Agneta cozinha para Einar e ele se abre, revelando-se um homem doce e de coração partido. Ostracizado por ser gay, ele ajudou a estabelecer o mosteiro como um espaço seguro e um local de festas sérias e momentos sensuais para outros como ele. Sua tristeza deriva de um afastamento de décadas do filho que ele gerou antes de se assumir. Ele aceita Agneta como ela é e a incentiva a ser ela mesma, e antes que você perceba, ela está dançando como se ninguém estivesse olhando, literalmente deixando o cabelo solto, olhando seu lindo corpo de meia-idade no espelho, passando um pouco de tempo de qualidade consigo mesma (cutucada, piscada, cutucada) e chapinhando na fonte da praça da cidade enquanto Fabien observa. Ah, garoto! E com certeza, antes que você perceba, ela se junta a Einar no quintal para gritar sobre suas libidos. Acontece que foram gritos de alegria o tempo todo.

Meu nome é Agneta
Foto: Netflix

De quais filmes você lembrará? Como eu disse antes, isso é Comer Rezar Amar mas sem uma liderança convencionalmente atraente – especificamente aquela que interpretou literalmente um troll em um movimento inesquecível Fronteira.

Desempenho que vale a pena assistir: Falando em Melander, ela é vencedora e cativante em um papel simplista e um pouco familiar demais.

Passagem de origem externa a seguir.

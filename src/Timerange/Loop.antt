-- ===== src/Timerange/Loop.antt =====
-- The loop of `mxfs_timerange_by_block` over the records of a page ends.
use mxfs.Base.{
  ℕ, zero, suc, ◌+◌, ◌*◌, ◌≤◌, ◌≡◌, ◌≢◌, false, ◌||◌, List, arith, ltb, Bool-cases, inl, inr,
  le→ltb, ◌==◌, from_le,
}
use mxfs.Header.{Compress, header_size, magic_number, decode, type_of}
use mxfs.Outcome.{stuck, load-ne-stuck, choose-ne-stuck}
use mxfs.Timerange.{Span, no_span, raw_page_size, span_record, span_loop, span_fuel}

span_record-grows :
    (layer : ℕ) (cp : Compress) (offset : ℕ) (s : Span) → offset ≤ (span_record layer cp offset s).0
unfolding span_record
span_record-grows layer cp offset s =
    let type = type_of cp in
    elim (Bool-cases (type == 0 || (type == 1 || type == 2))) [
      | inl e ↦ rw e (omega arith)
      | inr e ↦ elim (Bool-cases (type == 3 || type == 4)) [
        | inl f ↦ rw (e, f) (omega arith)
        | inr f ↦ elim (Bool-cases (type == 5)) [
          | inl g ↦ rw (e, f, g) (omega arith)
          | inr g ↦ rw (e, f, g) (omega arith)
        ]
      ]
    ]

module _ (layer : ℕ) (rbf : List ℕ) where
  -- With fuel for the headers that the rest of the page can hold, the loop ends.
  loop-ne-stuck :
      (fuel offset : ℕ) (s : Span)
      → raw_page_size ≤ offset + header_size * fuel
      → span_loop layer rbf (suc fuel) offset s ≢ stuck
  unfolding span_loop
  loop-ne-stuck zero offset s h =
      let e : ltb offset raw_page_size ≡ false = le→ltb offset raw_page_size (omega arith) in
      rw (e, span_loop) (λ q. cc q)
  loop-ne-stuck (suc fuel) offset s h =
      choose-ne-stuck (ltb offset raw_page_size) _ _ (λ q. cc q)
        (load-ne-stuck offset 4 rbf _ (λ m.
          choose-ne-stuck (from_le m == magic_number) _ _ (λ q. cc q)
            (load-ne-stuck offset header_size rbf _ (λ _.
              let cp = decode offset rbf in
              loop-ne-stuck fuel (span_record layer cp (offset + header_size) s).0
                (span_record layer cp (offset + header_size) s).1
                (omega (arith, h, span_record-grows layer cp (offset + header_size) s))))))

  -- The loop over the records of a page ends on every content of the page, whatever the layer.
  pub span_loop-ne-stuck : span_loop layer rbf span_fuel 0 no_span ≢ stuck
  span_loop-ne-stuck = loop-ne-stuck 132 0 no_span (omega arith)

Sexo e pele: Peitos, uma bunda, uma cena de sexo mais cômica do que sexy.

Meu nome é Agneta
Foto: Netflix

Nossa opinião: Lembre-se, recomeçar é difícil, mas não impossível, mas também não é tão fácil como retratado neste filme. Tudo bem, no entanto. Meu nome é Agneta espelha a experiência de sua protagonista, obrigando-nos a aceitá-la e ao filme, com falhas e tudo. Às vezes pode ser um pouco demais nos departamentos de melodrama e comédia, talvez um pouco difícil, mas por outro lado é um sentimentalismo gentil, doce e comovente cujas emoções centrais soam verdadeiras. De certa forma, é um filme de encontro que nos permite passar tempo com Agneta, Einar e personagens periféricos em um canto pitoresco e adorável da França, mas tem enredo apenas o suficiente para evitar qualquer possível falta de objetivo narrativo. É um roteiro bem equilibrado nesse sentido.

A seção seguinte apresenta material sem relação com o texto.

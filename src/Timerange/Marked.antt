-- ===== src/Timerange/Marked.antt =====
-- `mxfs_timerange` finds the pages with records of a layer, in order.
use mxfs.Base.{
  Option, none, some, ◌-◌, le→ltb, lt→ltb, ==→eq, ==→ne, false, ℕ, zero, suc, ◌+◌, ◌≤◌, ◌<◌, ◌≡◌,
  ◌≢◌, refl, sym, ap, ◌∙◌, Bool, true, ◌&&◌, List, [], ◌∷◌, ◌++◌, arith, length, take, replicate,
  ltb, leb, le→leb, lt→leb, ltb→le, ltb→lt, Bool-cases, inl, inr, ◌==◌, if◌then◌else◌, for_step,
  ne→==,
}
use mxfs.Header.{magic_number, decode}
use mxfs.Instance.{Ret, count, need_more_buffer, Layer, Inst, TimeRange, page_count, block_count}
use mxfs.Driver.{Driver, PageStore}
use mxfs.Timerange.{
  Search, going, left, finish, has_layer, mark_page, add_page, search_page, search_block,
  search_blocks, timerange,
}

-- The entries that a list of pages makes.
abbrev pub enter : ℕ → List (ℕ × ℕ) → Search → Search
enter limit [] s = s
enter limit ((b, p) ∷ xs) (left r ranges) = left r ranges
enter limit ((b, p) ∷ xs) (going cnt ranges) = enter limit xs (add_page limit b p cnt ranges)

enter-left :
    (limit : ℕ) (xs : List (ℕ × ℕ)) (r : Ret) (ranges : ℕ → TimeRange)
    → enter limit xs (left r ranges) ≡ left r ranges
enter-left limit [] r ranges = refl
enter-left limit (x ∷ xs) r ranges = refl

enter-append :
    (limit : ℕ) (xs ys : List (ℕ × ℕ)) (s : Search)
    → enter limit (xs ++ ys) s ≡ enter limit ys (enter limit xs s)
enter-append limit [] ys s = refl
enter-append limit (x ∷ xs) ys (left r ranges) = sym (enter-left limit ys r ranges)
enter-append limit ((b, p) ∷ xs) ys (going cnt ranges) =
    enter-append limit xs ys (add_page limit b p cnt ranges)

-- How many entries there are, or that they are too many.
enter-returns :
    (limit cnt : ℕ) (xs : List (ℕ × ℕ)) (ranges : ℕ → TimeRange)
    → cnt ≤ limit
    → (finish (enter limit xs (going cnt ranges))).0
      ≡ (if leb (cnt + length xs) limit then count (cnt + length xs) else need_more_buffer)
enter-returns limit cnt [] ranges h =
    let z : cnt + 0 ≡ cnt = omega arith in rw (z, le→leb cnt limit h) refl
enter-returns limit cnt ((b, p) ∷ xs) ranges h = elim (Bool-cases (ltb cnt limit)) [
  | inl e ↦
      let n : cnt + suc (length xs) ≡ suc cnt + length xs = omega arith in
      rw (e, n) (enter-returns limit (suc cnt) xs _ (ltb→lt cnt limit e))
  | inr e ↦
      let full : limit < cnt + suc (length xs) = omega (arith, ltb→le cnt limit e) in
      rw (e, enter-left limit xs need_more_buffer ranges, lt→leb _ _ full) refl
]

enter_all-returns :
    (limit : ℕ) (xs : List (ℕ × ℕ)) (ranges : ℕ → TimeRange)
    → (finish (enter limit xs (going 0 ranges))).0
      ≡ (if leb (length xs) limit then count (length xs) else need_more_buffer)
enter_all-returns limit xs ranges =
    let z : 0 + length xs ≡ length xs = omega arith in
    rw z at (enter-returns limit 0 xs ranges (omega arith))

-- The pages of a list, by number.
abbrev pub nth : ℕ → List (ℕ × ℕ) → Option (ℕ × ℕ)
nth i [] = none
nth zero (x ∷ xs) = some x
nth (suc i) (x ∷ xs) = nth i xs

-- Entry `i` of the caller's array: the page of that number, if there is one and room for it, with no times.
abbrev pub entry : (limit i : ℕ) → Option (ℕ × ℕ) → TimeRange → TimeRange
entry limit i none t = t
entry limit i (some (b, p)) t =
    if ltb i limit
    then record {
      start_time = 0;
      last_time = 0;
      block = b;
      page = p;
      record_count = t.record_count;
    }
    else t

no_entry : (limit i : ℕ) (x : Option (ℕ × ℕ)) (t : TimeRange) → limit ≤ i → entry limit i x t ≡ t
no_entry limit i none t h = refl
no_entry limit i (some (b, p)) t h = rw (le→ltb i limit h) refl

enter-entry :
    (limit cnt i : ℕ) (xs : List (ℕ × ℕ)) (ranges : ℕ → TimeRange)
    → cnt ≤ limit
    → (finish (enter limit xs (going cnt ranges))).1 i
      ≡ (if ltb i cnt then ranges i else entry limit i (nth (i - cnt) xs) (ranges i))
enter-entry limit cnt i [] ranges h = elim (Bool-cases (ltb i cnt)) [
  | inl e ↦ rw e refl
  | inr e ↦ rw e refl
]
enter-entry limit cnt i ((b, p) ∷ xs) ranges h = elim (Bool-cases (ltb cnt limit)) [
  | inr e ↦
      rw (e, enter-left limit xs need_more_buffer ranges)
        (elim (Bool-cases (ltb i cnt)) [
          | inl f ↦ rw f refl
          | inr f ↦
              let over : limit ≤ i = omega (arith, ltb→le i cnt f, ltb→le cnt limit e) in
              rw (f, no_entry limit i (nth (i - cnt) ((b, p) ∷ xs)) (ranges i) over) refl
        ])
  | inl e ↦
      let next = enter-entry limit (suc cnt) i xs _ (ltb→lt cnt limit e) in
      elim (Bool-cases (ltb i cnt)) [
        | inl f ↦
            let below = ltb→lt i cnt f in
            rw (e, f) (next ∙ rw (lt→ltb i (suc cnt) (omega arith), ne→== cnt i (omega arith)) refl)
        | inr f ↦
            let over = ltb→le i cnt f in
            elim (Bool-cases (cnt == i)) [
              | inl g ↦
                  let same = ==→eq cnt i g in
                  let first : i - cnt ≡ 0 = omega (arith, same) in
                  rw (e, f, first, lt→ltb i limit (omega (arith, ltb→lt cnt limit e, same)))
                    (next
                      ∙ rw (lt→ltb i (suc cnt) (omega (arith, same)), g)
                          (ap (λ c. mark_page b p (ranges c)) same))
              | inr g ↦
                  let other = ==→ne cnt i g in
                  let later : i - cnt ≡ suc (i - suc cnt) = omega (arith, over, other) in
                  rw (e, f, later)
                    (next ∙ rw (le→ltb i (suc cnt) (omega (arith, over, other)), g) refl)
            ]
      ]
]

module _ (drv : Driver) (st : PageStore drv) (inst : Inst) (l : Layer) (dev0 : drv.Dev) where
  -- A page that starts with a magic number and is marked with the layer.
  abbrev pub is_marked : ℕ → ℕ → Bool
  is_marked b p =
      (decode 0 (take 16 (st.page_at dev0 b p))).magic == magic_number
      && has_layer l ((inst.blocks b).pages p)

  -- The marked pages among the `k` from `p` on, and those of the `k` blocks from `b` on, in order.
  abbrev pub marked_pages : (k p b : ℕ) → List (ℕ × ℕ)
  marked_pages zero p b = []
  marked_pages (suc k) p b = (if is_marked b p then (b, p) ∷ [] else []) ++ marked_pages k (p + 1) b

  pub marked_blocks : (k b : ℕ) → List (ℕ × ℕ)
  marked_blocks zero b = []
  marked_blocks (suc k) b = marked_pages page_count 0 b ++ marked_blocks k (b + 1)

  -- The device still holds what it held.
  abbrev pub Same : drv.Dev → Type 0
  Same dev = st.IsReady dev × ((q r : ℕ) → st.page_at dev q r ≡ st.page_at dev0 q r)

  module _ (limit : ℕ) where
    search_page-enter :
        (b p : ℕ) (s : Search) (dev : drv.Dev)
        → b < block_count
        → p < page_count
        → Same dev
        → ((search_page drv inst l limit b p (s, dev)).0
            ≡ enter limit (if is_marked b p then (b, p) ∷ [] else []) s)
          × Same (search_page drv inst l limit b p (s, dev)).1
    unfolding search_page
    search_page-enter b p (left r ranges) dev hb hp h =
        (sym (enter-left limit (if is_marked b p then (b, p) ∷ [] else []) r ranges), h)
    search_page-enter b p (going cnt ranges) dev hb hp (ready, same) =
        let (e, bytes, kept, ready') =
          st.read_ok b p (replicate 16 0) dev ready hb hp (omega arith) in
        let here : (drv.read b p (replicate 16 0) dev).1 ≡ take 16 (st.page_at dev0 b p) =
          bytes ∙ ap (λ x. take 16 x) (same b p) in
        let after : Same (drv.read b p (replicate 16 0) dev).2 =
          (ready', λ q r. kept q r ∙ same q r) in
        elim (Bool-cases ((decode 0 (take 16 (st.page_at dev0 b p))).magic == magic_number)) [
          | inl m ↦ elim (Bool-cases (has_layer l ((inst.blocks b).pages p))) [
            | inl f ↦ rw (e, here, m, f) (refl, after)
            | inr f ↦ rw (e, here, m, f) (refl, after)
          ]
          | inr m ↦ rw (e, here, m) (refl, after)
        ]

    search_pages-enter :
        (k p b : ℕ) (s : Search) (dev : drv.Dev)
        → b < block_count
        → p + k ≤ page_count
        → Same dev
        → let r = for_step k p 1 (λ q t. search_page drv inst l limit b q t) (s, dev) in
          (r.0 ≡ enter limit (marked_pages k p b) s) × Same r.1
    unfolding for_step
    search_pages-enter zero p b s dev hb hp h = (refl, h)
    search_pages-enter (suc k) p b s dev hb hp h =
        let one : List (ℕ × ℕ) = if is_marked b p then (b, p) ∷ [] else [] in
        let t = search_page drv inst l limit b p (s, dev) in
        let (e, h') = search_page-enter b p s dev hb (omega (arith, hp)) h in
        let (f, h'') = search_pages-enter k (p + 1) b t.0 t.1 hb (omega (arith, hp)) h' in
        (
          f
              ∙ ap (λ x. enter limit (marked_pages k (p + 1) b) x) e
              ∙ sym (enter-append limit one (marked_pages k (p + 1) b) s),
          h'',
        )

    search_blocks-enter :
        (k b : ℕ) (s : Search) (dev : drv.Dev)
        → b + k ≤ block_count
        → Same dev
        → let r = for_step k b 1 (λ c t. search_block drv inst l limit c t) (s, dev) in
          (r.0 ≡ enter limit (marked_blocks k b) s) × Same r.1
    unfolding for_step search_block marked_blocks
    search_blocks-enter zero b s dev hb h = (refl, h)
    search_blocks-enter (suc k) b s dev hb h =
        let t = search_block drv inst l limit b (s, dev) in
        let (e, h') = search_pages-enter page_count 0 b s dev (omega (arith, hb)) (omega arith) h in
        let (f, h'') = search_blocks-enter k (b + 1) t.0 t.1 (omega (arith, hb)) h' in
        (
          f
              ∙ ap (λ x. enter limit (marked_blocks k (b + 1)) x) e
              ∙ sym (enter-append limit (marked_pages page_count 0 b) (marked_blocks k (b + 1)) s),
          h'',
        )

    data_area-enter :
        (ranges : ℕ → TimeRange)
        → st.IsReady dev0
        → let r = search_blocks drv inst l limit 1023 (going 0 ranges, dev0) in
          (r.0 ≡ enter limit (marked_blocks 1023 1) (going 0 ranges)) × Same r.1
    unfolding search_blocks
    data_area-enter ranges ready =
        search_blocks-enter 1023 1 (going 0 ranges) dev0 (omega arith) (ready, λ q r. refl)

    -- On a driver that stores pages and is ready: `mxfs_timerange` with room for at least one entry
    -- returns the number of pages of the data area that start with a magic number and are marked with the
    -- layer, if the array has room for them, and NEED_MORE_BUFFER otherwise. Entry number `i`, as far as
    -- there is room, has the block and the page of the `i`-th of these pages, in order, 0 for both times,
    -- and the count that the caller's array held; all other entries stay, and the device holds what it
    -- held.
    pub timerange-marked :
        (ranges : ℕ → TimeRange)
        → st.IsReady dev0
        → limit ≢ 0
        → let r = timerange drv inst l limit true ranges dev0 in
          let pages = marked_blocks 1023 1 in
          (r.0 ≡ (if leb (length pages) limit then count (length pages) else need_more_buffer))
          × ((i : ℕ) → r.1 i ≡ entry limit i (nth i pages) (ranges i))
          × Same r.2
    unfolding timerange
    timerange-marked ranges ready n =
        let (e, h) = data_area-enter ranges ready in
        rw (ne→== limit 0 n, e)
          (
            enter_all-returns limit (marked_blocks 1023 1) ranges,
            λ i.
                let start : ltb i 0 ≡ false = le→ltb i 0 (omega arith) in
                let all : i - 0 ≡ i = omega arith in
                rw (start, all) at
                  (enter-entry limit 0 i (marked_blocks 1023 1) ranges (omega arith)),
            h,
          )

É verdade que Runevad se concentra nessas emoções centrais e evita abordar até mesmo questões pragmáticas básicas (não há discussão sobre a compensação de Agneta, e inicialmente nem temos certeza se ela está deixando Magnus ou se é uma separação experimental, ou o quê), então o equilíbrio está errado em termos de fundamentação da história. Mas quando se trata de assuntos do coração, é sempre realista e modestamente ambicioso – a pequena aventura de Agneta é um belo e terno escapismo que tranquiliza o público de que ser você mesmo é algo perfeitamente adorável de se ser. A menos que você seja um serial killer, mas estamos falando com a maioria, eu acho. Observe que Agneta não é uma assassina em série, nem ninguém no filme é realmente um vilão. Isso é o que o torna um ou dois níveis mais inteligente e sábio do que coisas semelhantes.

Nosso chamado: Belo filme! No sentido não pejorativo de gentileza, quero dizer. TRANSMITIR.

John Serba é crítico de cinema freelancer de Grand Rapids, Michigan. Werner Herzog o abraçou uma vez.